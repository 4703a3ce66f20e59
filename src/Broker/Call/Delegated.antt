-- ===== src/Broker/Call/Delegated.antt =====
-- src/broker.rs: a run under a delegated grant.
use trunnion.Prelude.{
  Bool, true, ◌&&◌, not, if◌then◌else◌, Bool-cases, Option-cases, find, Text, Option, none, some,
  List, ◌≡◌, ◌≢◌, refl, sym, ap, ◌∙◌, subst, inl, inr,
}
use trunnion.Fault.{Result, ok, err, >>=-eq-ok}
use trunnion.Json.{Json, Digest}
use trunnion.Keys.{Keys}
use trunnion.Policy.Ladder.{Action, allow, deny, hold, Rung}
use trunnion.Policy.Rules.{Policy}
use trunnion.Policy.Decide.{
  CallRequest, Decision, declares, rule_applies, decide_on, request_of, decide_with_earned,
}
use trunnion.Secrets.{contains}
use trunnion.Trust.{replay}
use trunnion.Broker.{Site, Run}
use trunnion.Broker.Steps.{if-step}
use trunnion.Broker.Call.{
  builtin_args, is_deny, delegation_denial, narrowed_to, narrowed, decide_call,
}

is_deny-eq : (verdict : Action) → is_deny verdict ≡ true → verdict ≡ deny
is_deny-eq deny h = refl
is_deny-eq allow h = cc
is_deny-eq hold h = cc

module _ {V : Type 0} where
  narrowed_to-capability :
      (granted : List Text) (o : Option Text) (decision : Decision V)
      → (narrowed_to granted o decision).capability ≡ decision.capability
  unfolding narrowed_to
  narrowed_to-capability granted none decision = refl
  narrowed_to-capability granted (some c) decision =
      if-step (λ (e : Decision V). e.capability ≡ decision.capability)
        (not (is_deny decision.verdict) && not (contains granted c)) refl refl

  narrowed_to-contains :
      (granted : List Text) (c : Text) (decision : Decision V)
      → (narrowed_to granted (some c) decision).verdict ≢ deny
      → contains granted c ≡ true
  unfolding narrowed_to
  narrowed_to-contains granted c decision kept = elim (Bool-cases (contains granted c)) [
    | inl inside ↦ inside
    | inr outside ↦ elim (Bool-cases (is_deny decision.verdict)) [
      | inl denied ↦
          absurd (kept (rw (outside, denied, narrowed_to) (is_deny-eq decision.verdict denied)))
      | inr live ↦ absurd (kept (rw (outside, live, narrowed_to) refl))
    ]
  ]

  narrowed_to-live :
      (granted : List Text) (o : Option Text) (decision : Decision V)
      → (narrowed_to granted o decision).verdict ≢ deny
      → decision.verdict ≢ deny
  unfolding narrowed_to
  narrowed_to-live granted none decision kept denied = kept denied
  narrowed_to-live granted (some c) decision kept denied = kept (denied_too (contains granted c))
    where
      denied_too :
          (inside : Bool)
          → (if not (is_deny decision.verdict) && not inside
              then delegation_denial c decision
              else decision).verdict
            ≡ deny
      denied_too inside = rw (ap is_deny denied) denied

  -- The decision of a call that is not denied names a capability.
  IsNamed : Decision V → Type 0
  IsNamed decision = (cap : Text) × (decision.capability ≡ some cap)

  decide_on-IsNamed :
      (policy : Policy V) (identity : V) (tool target : Text) (request : V)
      (earned : Text → Rung → Rung)
      → (decide_on policy identity tool target request earned).verdict ≢ deny
      → IsNamed (decide_on policy identity tool target request earned)
  unfolding decide_on IsNamed
  decide_on-IsNamed policy identity tool target request earned kept =
      elim (Option-cases (find (declares tool target) policy.capabilities)) [
        | inl undeclared_tool ↦ absurd (kept (rw (undeclared_tool, decide_on) refl))
        | inr (c, e) ↦
            elim (Option-cases (find (rule_applies policy.profile c.id target) policy.rules)) [
              | inl e' ↦ absurd (kept (rw (e, decide_on, e') refl))
              | inr (rule, e') ↦ (c.id, rw (e, decide_on, e') refl)
            ]
      ]

  narrowed-contains :
      (granted : List Text) (before after : Decision V)
      → narrowed (some granted) before ≡ after
      → after.verdict ≢ deny
      → (before.verdict ≢ deny → IsNamed before)
      → (cap : Text) × (after.capability ≡ some cap) × (contains granted cap ≡ true)
  unfolding narrowed IsNamed
  narrowed-contains granted before after h kept named =
      let still : (narrowed_to granted before.capability before).verdict ≢ deny =
        λ denied. kept (sym (ap (λ (x : Decision V). x.verdict) h) ∙ denied) in
      let (cap, e) = named (narrowed_to-live granted before.capability before still) in
      (
        cap,
        sym (ap (λ (x : Decision V). x.capability) h)
            ∙ (narrowed_to-capability granted before.capability before ∙ e),
        narrowed_to-contains granted cap before
            (λ denied. still (ap (λ x. (narrowed_to granted x before).verdict) e ∙ denied)),
      )

module _ (j : Json) (d : Digest) where
  decide_with_earned-IsNamed :
      (policy : Policy j.Value) (identity : j.Value) (call : CallRequest j.Value)
      (earned : Text → Rung → Rung) (decision : Decision j.Value)
      → decide_with_earned j d policy identity call earned ≡ ok decision
      → decision.verdict ≢ deny
      → IsNamed decision
  unfolding decide_with_earned
  decide_with_earned-IsNamed policy identity call earned decision h kept =
      let (request, _, e) = >>=-eq-ok (request_of j d call) _ h in
      let same : decide_on policy identity call.tool call.target request earned ≡ decision = cc in
      subst IsNamed same (
        decide_on-IsNamed policy identity call.tool call.target request earned
          (λ denied. kept (ap (λ (x : Decision j.Value). x.verdict) (sym same) ∙ denied)))

-- Under a delegated grant, a call that is not denied is of a capability, and the grant has it.
pub decide_call-contains :
    (j : Json) (d : Digest) (keys : Keys) (site : Site j) (run : Run j d keys site)
    (history : List j.Value) (tool target : Text) (granted : List Text)
    (decision : Decision j.Value)
    → run.grant ≡ some granted
    → decide_call j d keys site run history tool target ≡ ok decision
    → decision.verdict ≢ deny
    → (cap : Text) × (decision.capability ≡ some cap) × (contains granted cap ≡ true)
unfolding decide_call
decide_call-contains j d keys site run history tool target granted decision delegated h kept =
    by_result (decide_with_earned j d run.policy run.identity request earned) refl h
  where
    request : CallRequest j.Value
    request = record { tool = tool; target = target; args = builtin_args j d keys site tool target }

    earned : Text → Rung → Rung
    earned cap_id declared = (replay j history cap_id declared).rung

    by_result :
        (r : Result (Decision j.Value))
        → decide_with_earned j d run.policy run.identity request earned ≡ r
        → ◌≡◌ {A = Result (Decision j.Value)}
            (elim r [ err f ↦ err f | ok before ↦ ok (narrowed run.grant before) ])
            (ok decision)
        → (cap : Text) × (decision.capability ≡ some cap) × (contains granted cap ≡ true)
    by_result (err fault) e e' = cc
    by_result (ok before) e e' =
        let same : narrowed run.grant before ≡ decision = cc in
        narrowed-contains granted before decision
          (ap (λ g. narrowed g before) (sym delegated) ∙ same) kept
          (decide_with_earned-IsNamed j d run.policy run.identity request earned before e)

(Your objective): Report each line of the records that holds the word "subst".

(Response to the exercise):
  List, ◌≡◌, ◌≢◌, refl, sym, ap, ◌∙◌, subst, inl, inr,
      subst IsNamed same (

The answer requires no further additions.